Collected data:
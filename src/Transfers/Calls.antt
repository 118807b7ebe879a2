-- ===== src/Transfers/Calls.antt =====
-- personal_mcp/file_transfer.py: any sequence of calls of a manager, each in its own surroundings.
use unified_personal_mcp.Prelude.{Chain-keep, ℕ, ◌≤◌, String, List, [], ◌∷◌}
use unified_personal_mcp.Transfers.State.{Args, Limits, Manager}
use unified_personal_mcp.Transfers.Cache.{World}
use unified_personal_mcp.Transfers.Handle.{handle, close_owner, close}
use unified_personal_mcp.Transfers.Spec.{Aim, closing, Step}
use unified_personal_mcp.Transfers.Aims.{aim_of}
use unified_personal_mcp.Transfers.Handling.{handle_refines, close_owner-Steps, close-Steps}

pub data Call : Type 0 where
  handles : World → String → ℕ → Args → Call
  closes_owner : World → String → Call
  closes : World → Call

unfoldable pub perform : Limits → Call → Manager → Manager
unfolding handle close_owner close
perform l (handles w owner runtime args) m = (handle w l owner runtime args m).1
perform l (closes_owner w owner) m = (close_owner w owner m).1
perform l (closes w) m = (close w m).1

unfoldable pub calls : Limits → List Call → Manager → Manager
unfolding perform
calls l [] m = m
calls l (c ∷ cs) m = calls l cs (perform l c m)

-- What each step of Spec keeps, every sequence of calls keeps.
module _ {κ} (l : Limits) (blocks : 1 ≤ l.chunk_bytes) (P : Manager → Type κ)
    (keep : (w : World) (aim : Aim) (m n : Manager) → Step w l aim m n → P m → P n) where
  perform-keep : (c : Call) (m : Manager) → P m → P (perform l c m)
  unfolding perform
  perform-keep (handles w owner runtime args) m h =
      Chain-keep (Step w l (aim_of owner runtime args m)) P (keep w _) m _
        (handle_refines w l owner runtime args m blocks) h
  perform-keep (closes_owner w owner) m h =
      Chain-keep (Step w l closing) P (keep w closing) m _ (close_owner-Steps w l owner m) h
  perform-keep (closes w) m h =
      Chain-keep (Step w l closing) P (keep w closing) m _ (close-Steps w l m) h

  pub calls-keep : (cs : List Call) (m : Manager) → P m → P (calls l cs m)
  unfolding calls
  calls-keep [] m h = h
  calls-keep (c ∷ cs) m h = calls-keep cs (perform l c m) (perform-keep c m h)
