-- ===== src/Transfers/Found.antt =====
-- personal_mcp/file_transfer.py: how `handle` comes to the transfer that a task asks for.
use unified_personal_mcp.Prelude.{
  ℕ, ◌≡◌, refl, sym, ap, subst, ◌∙◌, String, Bool, true, false, some, List, [], ◌∷◌, ◌==◌, eqb,
  eqb_refl, eq_refl, All, if◌then◌else◌,
}
use unified_personal_mcp.Table.{select_one}
use unified_personal_mcp.Transfers.State.{
  transfer_closed, invalid_argument, Result, ok, err, and_then, Transfer, Limits, Manager, given,
  Args, Reply,
}
use unified_personal_mcp.Transfers.Cache.{World, has_key, discard_all, is_expired, prune}
use unified_personal_mcp.Transfers.Handle.{find, requested, handle}

nothing_discarded :
    (w : World) (test : Transfer → Bool) (ts : List Transfer) (m : Manager)
    → All (λ t. test t ≡ false) ts
    → discard_all w test ts m ≡ (ok tt, m)
unfolding discard_all
nothing_discarded w test [] m h = refl
nothing_discarded w test (t ∷ ts) m h = rw (h.0, discard_all) (nothing_discarded w test ts m h.1)

-- While nothing has expired, an open manager goes on to the action.
pub handle-requested :
    (w : World) (l : Limits) (owner : String) (runtime : ℕ) (args : Args) (m : Manager)
    → m.closed ≡ false
    → (owner == "") ≡ false
    → All (λ t. is_expired w.now t ≡ false) m.transfers
    → handle w l owner runtime args m ≡ requested w l owner runtime args m
unfolding handle prune
handle-requested w l owner runtime args m is_open named fresh =
    let next : Unit {0} → Manager → Result Reply × Manager =
      λ _ after. requested w l owner runtime args after in
    let admitted : (if owner == "" then (err invalid_argument, m) else and_then (prune w m) next)
        ≡ requested w l owner runtime args m =
      rw named
        (ap (λ r. and_then r next) (nothing_discarded w (is_expired w.now) m.transfers m fresh)) in
    ap
      (λ b.
        if b
        then (err transfer_closed, m)
        else if owner == ""
        then (err invalid_argument, m)
        else and_then (prune w m) next)
      is_open
    ∙ admitted

-- The transfer of a task is found by its key.
pub find-owned :
    (owner : String) (runtime : ℕ) (t : Transfer) (m : Manager)
    → select_one (has_key t.key) m.transfers ≡ some t
    → t.owner ≡ owner
    → t.runtime ≡ runtime
    → find owner runtime (given t.key) m ≡ some t
find-owned owner runtime t m found owner_is runtime_is =
    let same_owner : (t.owner == owner) ≡ true =
      subst (λ o. (o == owner) ≡ true) (sym owner_is) (eq_refl owner) in
    let same_runtime : eqb t.runtime runtime ≡ true =
      subst (λ r. eqb r runtime ≡ true) (sym runtime_is) (eqb_refl runtime) in
    rw (found, find) (rw (same_owner, same_runtime) refl)
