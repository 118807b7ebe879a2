-- ===== src/Transfers/Fetching.antt =====
-- personal_mcp/file_transfer.py: a client's loop over the chunks of a download.
use unified_personal_mcp.Prelude.{
  ℕ, ◌+◌, ◌-◌, ◌≤◌, ◌<◌, ◌≡◌, refl, sym, ap, ◌∙◌, String, true, false, Option, none, some, List, [],
  ◌∷◌, ◌++◌, ◌==◌, arith, inl, inr, eqb, eqb→eq, ltb, leb, length, take, drop, take-append-drop,
  length-take, length-drop, drop-drop, take_whole, All, Bool-cases, if◌then◌else◌,
}
use unified_personal_mcp.Table.{select_one}
use unified_personal_mcp.Transfers.State.{
  Result, ok, err, Transfer, StagedFile, Limits, Manager, absent, given, Args, download_chunk,
  Chunk, Reply, shown, began, committed, chunk, released,
}
use unified_personal_mcp.Transfers.Cache.{World, is_file, has_key, is_expired}
use unified_personal_mcp.Transfers.Download.{read_chunk}
use unified_personal_mcp.Transfers.Download
use unified_personal_mcp.Transfers.Handle.{is_upload, act, act_on, dispatch, requested, handle}
use unified_personal_mcp.Transfers.Blocks.{drop-length-take}
use unified_personal_mcp.Transfers.Found.{handle-requested, find-owned}

abbrev pub no_args : Args
no_args = record {
  action = absent;
  transfer_id = absent;
  size = absent;
  sha256 = absent;
  path = absent;
  offset = absent;
  limit = absent;
  data_base64 = absent;
}

abbrev pub chunk_args : String → ℕ → ℕ → Args
chunk_args key limit offset = record no_args {
  action = given download_chunk;
  transfer_id = given key;
  offset = given offset;
  limit = given limit;
}

abbrev pub chunk_of : Result Reply → Option Chunk
chunk_of (ok (chunk c)) = some c
chunk_of (ok (shown s)) = none
chunk_of (ok (began s name)) = none
chunk_of (ok (committed c)) = none
chunk_of (ok (released key)) = none
chunk_of (err code) = none

-- What a client puts together that asks for chunk after chunk until the end of the file, each call in its
-- own surroundings; `none` if a call is refused, or there is none left.
unfoldable pub fetch : List World → Limits → String → ℕ → String → ℕ → ℕ → Manager → Option (List ℕ)
unfolding handle
fetch [] l owner runtime key limit offset m = none
fetch (w ∷ ws) l owner runtime key limit offset m =
    let answer = handle w l owner runtime (chunk_args key limit offset) m in
    elim (chunk_of answer.0) [
      | none ↦ none
      | some c ↦ elim (w.codec.b64decode c.data_base64) [
        | none ↦ none
        | some bytes ↦
            let rest = fetch ws l owner runtime key limit c.next_offset answer.1 in
            if c.eof
            then some bytes
            else elim rest [ none ↦ none | some more ↦ some (bytes ++ more) ]
      ]
    ]

-- A download that is there, with its staged file.
pub record Held (owner : String) (runtime : ℕ) (t : Transfer) (f : StagedFile) (m : Manager)
    : Type 0 where
  pub is_open : m.closed ≡ false
  pub found : select_one (has_key t.key) m.transfers ≡ some t
  pub owner_is : t.owner ≡ owner
  pub runtime_is : t.runtime ≡ runtime
  pub direction : is_upload t.direction ≡ false
  pub file : select_one (is_file t.staged) m.files ≡ some f
  pub sized : length f.content ≡ t.size

-- Surroundings in which no transfer has expired, files can be opened, and decoding undoes the encoding of
-- each piece of the content.
pub record Serves (limit : ℕ) (content : List ℕ) (m : Manager) (w : World) : Type 0 where
  pub fresh : All (λ t. is_expired w.now t ≡ false) m.transfers
  pub opens : (name : String) → w.opens name ≡ true
  pub decodes :
      (offset : ℕ)
      → w.codec.b64decode (w.codec.b64encode (take limit (drop offset content)))
        ≡ some (take limit (drop offset content))

module _ (l : Limits) (owner : String) (runtime : ℕ) (t : Transfer) (f : StagedFile) (m : Manager)
    (limit : ℕ) (held : Held owner runtime t f m) (named : (owner == "") ≡ false)
    (some_bytes : 1 ≤ limit) (fits : limit ≤ l.chunk_bytes) where
  handle-read_chunk :
      (w : World) (offset : ℕ)
      → Serves limit f.content m w
      → handle w l owner runtime (chunk_args t.key limit offset) m
        ≡ (read_chunk w l t offset limit m, m)
  unfolding requested dispatch act_on act Download.download_chunk
  handle-read_chunk w offset h =
      let mine = find-owned owner runtime t m held.found held.owner_is held.runtime_is in
      let positive : leb limit 0 ≡ false = ground (arith, some_bytes) in
      let acted : requested w l owner runtime (chunk_args t.key limit offset) m
          ≡ (read_chunk w l t offset limit m, m) =
        rw (mine, act_on) (rw held.direction (rw (positive, Download.download_chunk) refl)) in
      handle-requested w l owner runtime (chunk_args t.key limit offset) m held.is_open named
        h.fresh
      ∙ acted

  abbrev piece : ℕ → List ℕ
  piece offset = take limit (drop offset f.content)

  read_chunk-piece :
      (w : World) (offset : ℕ)
      → Serves limit f.content m w
      → offset ≤ t.size
      → read_chunk w l t offset limit m
        ≡ ok (
            chunk (record {
              transfer_id = t.key;
              offset = offset;
              next_offset = offset + length (piece offset);
              data_base64 = w.codec.b64encode (piece offset);
              eof = eqb (offset + length (piece offset)) t.size;
            }))
  unfolding read_chunk
  read_chunk-piece w offset h inside =
      let small : ltb l.chunk_bytes limit ≡ false = ground (arith, fits) in
      let within : ltb t.size offset ≡ false = ground (arith, inside) in
      rw (small, within, h.opens, held.file, read_chunk) refl

  whole :
      (offset : ℕ)
      → piece offset ++ drop (offset + length (piece offset)) f.content ≡ drop offset f.content
  whole offset =
      let after = drop offset f.content in
      ap (λ ys. piece offset ++ ys)
        (sym (drop-drop offset (length (piece offset)) f.content) ∙ drop-length-take limit after)
      ∙ take-append-drop limit after

  -- The client gets what is left of the file.
  pub fetch-rest :
      (ws : List World) (offset : ℕ)
      → All (Serves limit f.content m) ws
      → offset ≤ t.size
      → t.size - offset < length ws
      → fetch ws l owner runtime t.key limit offset m ≡ some (drop offset f.content)
  unfolding fetch
  fetch-rest [] offset h inside enough = absurd (omega (arith, enough))
  fetch-rest (w ∷ ws) offset h inside enough =
      let answer =
        handle-read_chunk w offset h.0 ∙ ap (λ r. (r, m)) (read_chunk-piece w offset h.0 inside) in
      let taken = length-take limit (drop offset f.content) in
      let left = length-drop offset f.content in
      elim (Bool-cases (eqb (offset + length (piece offset)) t.size)) [
        | inl e ↦
            rw (answer, (h.0).decodes offset, e, fetch)
              (ap some (
                take_whole limit (drop offset f.content)
                  (omega (arith, eqb→eq _ _ e, taken, left, held.sized))))
        | inr e ↦
            let on : 1 ≤ length (piece offset) =
              ground (arith, e, taken, left, held.sized, inside, some_bytes) in
            let further : offset + length (piece offset) ≤ t.size =
              omega (arith, taken, left, held.sized, inside) in
            let rest =
              fetch-rest ws (offset + length (piece offset)) h.1 further
                (omega (arith, on, enough, further)) in
            rw (answer, (h.0).decodes offset, e, fetch)
              (rw (ap (λ r. r.1) answer, rest) (ap some (whole offset)))
      ]
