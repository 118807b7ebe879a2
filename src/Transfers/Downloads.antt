-- ===== src/Transfers/Downloads.antt =====
-- personal_mcp/file_transfer.py: a download from its beginning to the last chunk.
use unified_personal_mcp.Prelude.{
  ℕ, ◌≤◌, ◌<◌, ◌≡◌, refl, sym, ap, subst, ◌∙◌, String, Bool, false, not, some, List, [], ◌∷◌, ◌==◌,
  arith, inl, inr, eq_refl, length, All, Bool-cases, Option-cases, if-cases, if◌then◌else◌,
}
use unified_personal_mcp.Table.{select_one, select_one-update, select_one-passes}
use unified_personal_mcp.Table.Keys.{select_one-put}
use unified_personal_mcp.Transfers.State.{
  Code, io_error, Result, ok, err, and_then, Transfer, StagedFile, Limits, Manager, Source, given,
  Args, download_begin, Reply, Status, shown, began, committed, chunk, released,
}
use unified_personal_mcp.Transfers.Cache.{
  World, is_file, allocate, remove_staged, discard_all, is_expired, prune, empty_file,
}
use unified_personal_mcp.Transfers.Download.{
  stable_copy, new_download, keep_snapshot, take_snapshot, download_source,
}
use unified_personal_mcp.Transfers.Download
use unified_personal_mcp.Transfers.Handle.{dispatch, requested, handle}
use unified_personal_mcp.Transfers.Steps.{capacity-cases, allocate-cases, discard_transfer-cases}
use unified_personal_mcp.Transfers.Downloading.{stable_copy-ok}
use unified_personal_mcp.Transfers.Fetching.{no_args, fetch, Held, Serves, fetch-rest}

and_then-closed :
    (r : Result Bool) (n : Manager) (shut : Bool) (next : Manager → Result (Unit {0}) × Manager)
    → ((k : Manager) → (next k).1.closed ≡ k.closed)
    → n.closed ≡ shut
    → (and_then (r, n) (λ _ after. next after)).1.closed ≡ shut
and_then-closed (ok b) n shut next keep h = keep n ∙ h
and_then-closed (err code) n shut next keep h = h

-- Discards leave the manager open or closed as it is.
discard_all-closed :
    (w : World) (test : Transfer → Bool) (ts : List Transfer) (m : Manager)
    → (discard_all w test ts m).1.closed ≡ m.closed
unfolding discard_all
discard_all-closed w test [] m = refl
discard_all-closed w test (t ∷ ts) m = elim (Bool-cases (test t)) [
  | inr e ↦ rw (e, discard_all) (discard_all-closed w test ts m)
  | inl e ↦
      rw (e, discard_all)
        (discard_transfer-cases w t m
          (λ r. (and_then r (λ _ after. discard_all w test ts after)).1.closed ≡ m.closed)
          (λ r n d.
            and_then-closed r n m.closed (discard_all w test ts) (discard_all-closed w test ts)
              d.2))
]

abbrev pub begin_args : String → Args
begin_args path = record no_args { action = given download_begin; path = given path }

-- What a download begins with: the transfer, the staged copy, and what the reply says of them.
pub record Begins (w : World) (owner : String) (runtime : ℕ) (content : List ℕ) (s : Status)
    (n : Manager) : Type 0 where
  pub transfer : Transfer
  pub staged : StagedFile
  pub held : Held owner runtime transfer staged n
  pub copied : staged.content ≡ content
  pub id : s.transfer_id ≡ transfer.key
  pub size : s.size ≡ length content
  pub digest : s.sha256 ≡ w.codec.sha256 content

module _ (w : World) (l : Limits) (owner : String) (runtime : ℕ) where
  abbrev Starts : List ℕ → Result Reply × Manager → Type 0
  Starts content (ok (began s name), n) = Begins w owner runtime content s n
  Starts content (ok (shown s), n) = Unit {0}
  Starts content (ok (committed c), n) = Unit {0}
  Starts content (ok (chunk c), n) = Unit {0}
  Starts content (ok (released key), n) = Unit {0}
  Starts content (err code, n) = Unit {0}

  no_reply :
      (content : List ℕ) (r : Result Bool × Manager) (code : Code)
      → Starts content (and_then r (λ _ after. (err code, after)))
  no_reply content (ok b, m) code = tt
  no_reply content (err c, m) code = tt

  keep_snapshot-Starts :
      (source : Source) (key staged : String) (copied : Result (List ℕ)) (m : Manager)
      → ((bytes : List ℕ) → copied ≡ ok bytes → source.content ≡ bytes)
      → m.closed ≡ false
      → select_one (is_file staged) m.files ≡ some (empty_file w)
      → Starts source.content (keep_snapshot w l owner runtime source key staged copied m)
  unfolding keep_snapshot
  keep_snapshot-Starts source key staged (err code) m all is_open file =
      no_reply source.content (remove_staged w staged m) code
  keep_snapshot-Starts source key staged (ok bytes) m all is_open file =
      let t = new_download w owner runtime source key staged bytes in
      let same : source.content ≡ bytes = all bytes refl in
      record {
        transfer = t;
        staged = record (empty_file w) { content = bytes };
        held = record {
          is_open = is_open;
          found =
              select_one-put (λ (u : Transfer). u.key) key t m.transfers ∙ rw (eq_refl key) refl;
          owner_is = refl;
          runtime_is = refl;
          direction = refl;
          file =
              select_one-update (is_file staged) (is_file staged)
                (λ f. record f { content = bytes }) m.files (λ r. refl) file
              ∙ rw (select_one-passes (is_file staged) m.files file) refl;
          sized = refl;
        };
        copied = sym same;
        id = refl;
        size = ap length (sym same);
        digest = ap w.codec.sha256 (sym same);
      }

  take_snapshot-Starts :
      (source : Source) (key staged : String) (m : Manager)
      → 1 ≤ l.chunk_bytes
      → m.closed ≡ false
      → select_one (is_file staged) m.files ≡ some (empty_file w)
      → Starts source.content (take_snapshot w l owner runtime source key staged m)
  unfolding take_snapshot
  take_snapshot-Starts source key staged m blocks is_open file =
      keep_snapshot-Starts source key staged
        (if w.opens staged then stable_copy l source else err io_error) m
        (λ bytes.
          if-cases (λ (r : Result (List ℕ)). r ≡ ok bytes → source.content ≡ bytes) (w.opens staged)
            (λ _ e. (stable_copy-ok l source bytes blocks e).0) (λ _ e. cc))
        is_open file

  download_source-Starts :
      (source : Source) (m : Manager)
      → 1 ≤ l.chunk_bytes
      → m.closed ≡ false
      → Starts source.content (download_source w l owner runtime source m)
  unfolding download_source
  download_source-Starts source m blocks is_open =
      let P : Result Reply × Manager → Type 0 = λ r. Starts source.content r in
      let with_file : String × String → Manager → Result Reply × Manager =
        λ (key, staged) after. take_snapshot w l owner runtime source key staged after in
      if-cases P (not source.regular) (λ _. tt)
        (λ _.
          capacity-cases w l owner source.size m
            (λ r. P (and_then r (λ _ seen. and_then (allocate w l source.size seen) with_file)))
            (λ code n s _. tt)
            (λ n s _ room.
              allocate-cases w l source.size n (λ r. P (and_then r with_file)) (λ code k t. tt)
                (λ key staged k (t, _, _, file).
                  take_snapshot-Starts source key staged k blocks (t.2 ∙ s.2 ∙ is_open) file)))

  requested-Starts :
      (path : String) (m : Manager)
      → 1 ≤ l.chunk_bytes
      → m.closed ≡ false
      → Starts (w.source path).content (requested w l owner runtime (begin_args path) m)
  unfolding requested dispatch Download.download_begin
  requested-Starts path m blocks is_open =
      let P : Result Reply × Manager → Type 0 = λ r. Starts (w.source path).content r in
      if-cases P (path == "") (λ _. tt)
        (λ _. elim (Option-cases (w.source path).refused) [
          | inr (code, e) ↦ rw e tt
          | inl e ↦ rw e (download_source-Starts (w.source path) m blocks is_open)
        ])

  after_prune :
      (path : String) (r : Result (Unit {0}) × Manager)
      → 1 ≤ l.chunk_bytes
      → r.1.closed ≡ false
      → Starts
          (w.source path).content
          (and_then r (λ _ after. requested w l owner runtime (begin_args path) after))
  after_prune path (err code, n) blocks is_open = tt
  after_prune path (ok done, n) blocks is_open = requested-Starts path n blocks is_open

  -- Every reply that a download has begun says what is there.
  handle-Starts :
      (path : String) (m : Manager)
      → 1 ≤ l.chunk_bytes
      → Starts (w.source path).content (handle w l owner runtime (begin_args path) m)
  unfolding handle prune
  handle-Starts path m blocks =
      let P : Result Reply × Manager → Type 0 = λ r. Starts (w.source path).content r in
      if-cases P m.closed (λ _. tt)
        (λ is_open.
          if-cases P (owner == "") (λ _. tt)
            (λ _.
              after_prune path (prune w m) blocks
                (discard_all-closed w (is_expired w.now) m.transfers m ∙ is_open)))

  -- A call that is answered is that of a task with a name.
  handle-owner :
      (args : Args) (m n : Manager) (r : Reply)
      → handle w l owner runtime args m ≡ (ok r, n)
      → (owner == "") ≡ false
  unfolding handle
  handle-owner args m n r =
      let P : Result Reply × Manager → Type 0 = λ x. x.0 ≡ ok r → (owner == "") ≡ false in
      let answered : P (handle w l owner runtime args m) =
        if-cases P m.closed (λ _ e. cc)
          (λ _. if-cases P (owner == "") (λ _ e. cc) (λ named _. named)) in
      λ e. answered (ap (λ x. x.0) e)

  -- If a download begins, then a client that asks for chunks of any size that is allowed, until the end of
  -- the file, gets the content of the source and no more, as long as no transfer expires, files can be
  -- opened and decoding undoes the encoding of its pieces; as many calls as there are bytes, and one, are enough. The reply
  -- to the first call gives the content's length and its digest.
  pub downloads_return :
      (path name : String) (limit : ℕ) (m n : Manager) (s : Status) (ws : List World)
      → handle w l owner runtime (begin_args path) m ≡ (ok (began s name), n)
      → All (Serves limit (w.source path).content n) ws
      → 1 ≤ limit
      → limit ≤ l.chunk_bytes
      → length (w.source path).content < length ws
      → (fetch ws l owner runtime s.transfer_id limit 0 n ≡ some (w.source path).content)
        × (s.size ≡ length (w.source path).content)
        × (s.sha256 ≡ w.codec.sha256 (w.source path).content)
  downloads_return path name limit m n s ws e served positive fits enough =
      let b : Begins w owner runtime (w.source path).content s n =
        subst (Starts (w.source path).content) e
          (handle-Starts path m (omega (arith, positive, fits))) in
      let size : b.transfer.size ≡ length (w.source path).content =
        sym b.held.sized ∙ ap length b.copied in
      let fetched =
        fetch-rest l owner runtime b.transfer b.staged n limit b.held
          (handle-owner (begin_args path) m n (began s name) e) positive fits ws 0
          (subst (λ c. All (Serves limit c n) ws) (sym b.copied) served) (omega arith)
          (omega (arith, size, enough)) in
      (
        ap (λ key. fetch ws l owner runtime key limit 0 n) b.id ∙ fetched ∙ ap some b.copied,
        b.size,
        b.digest,
      )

Exercise instructions:
Could you transcribe the entries above word for word, from the line with "-- A download" down to the line with "pub is_open : m.closed ≡ false", keeping both?

Solution to this exercise:
-- A download that is there, with its staged file.
pub record Held (owner : String) (runtime : ℕ) (t : Transfer) (f : StagedFile) (m : Manager)
    : Type 0 where
  pub is_open : m.closed ≡ false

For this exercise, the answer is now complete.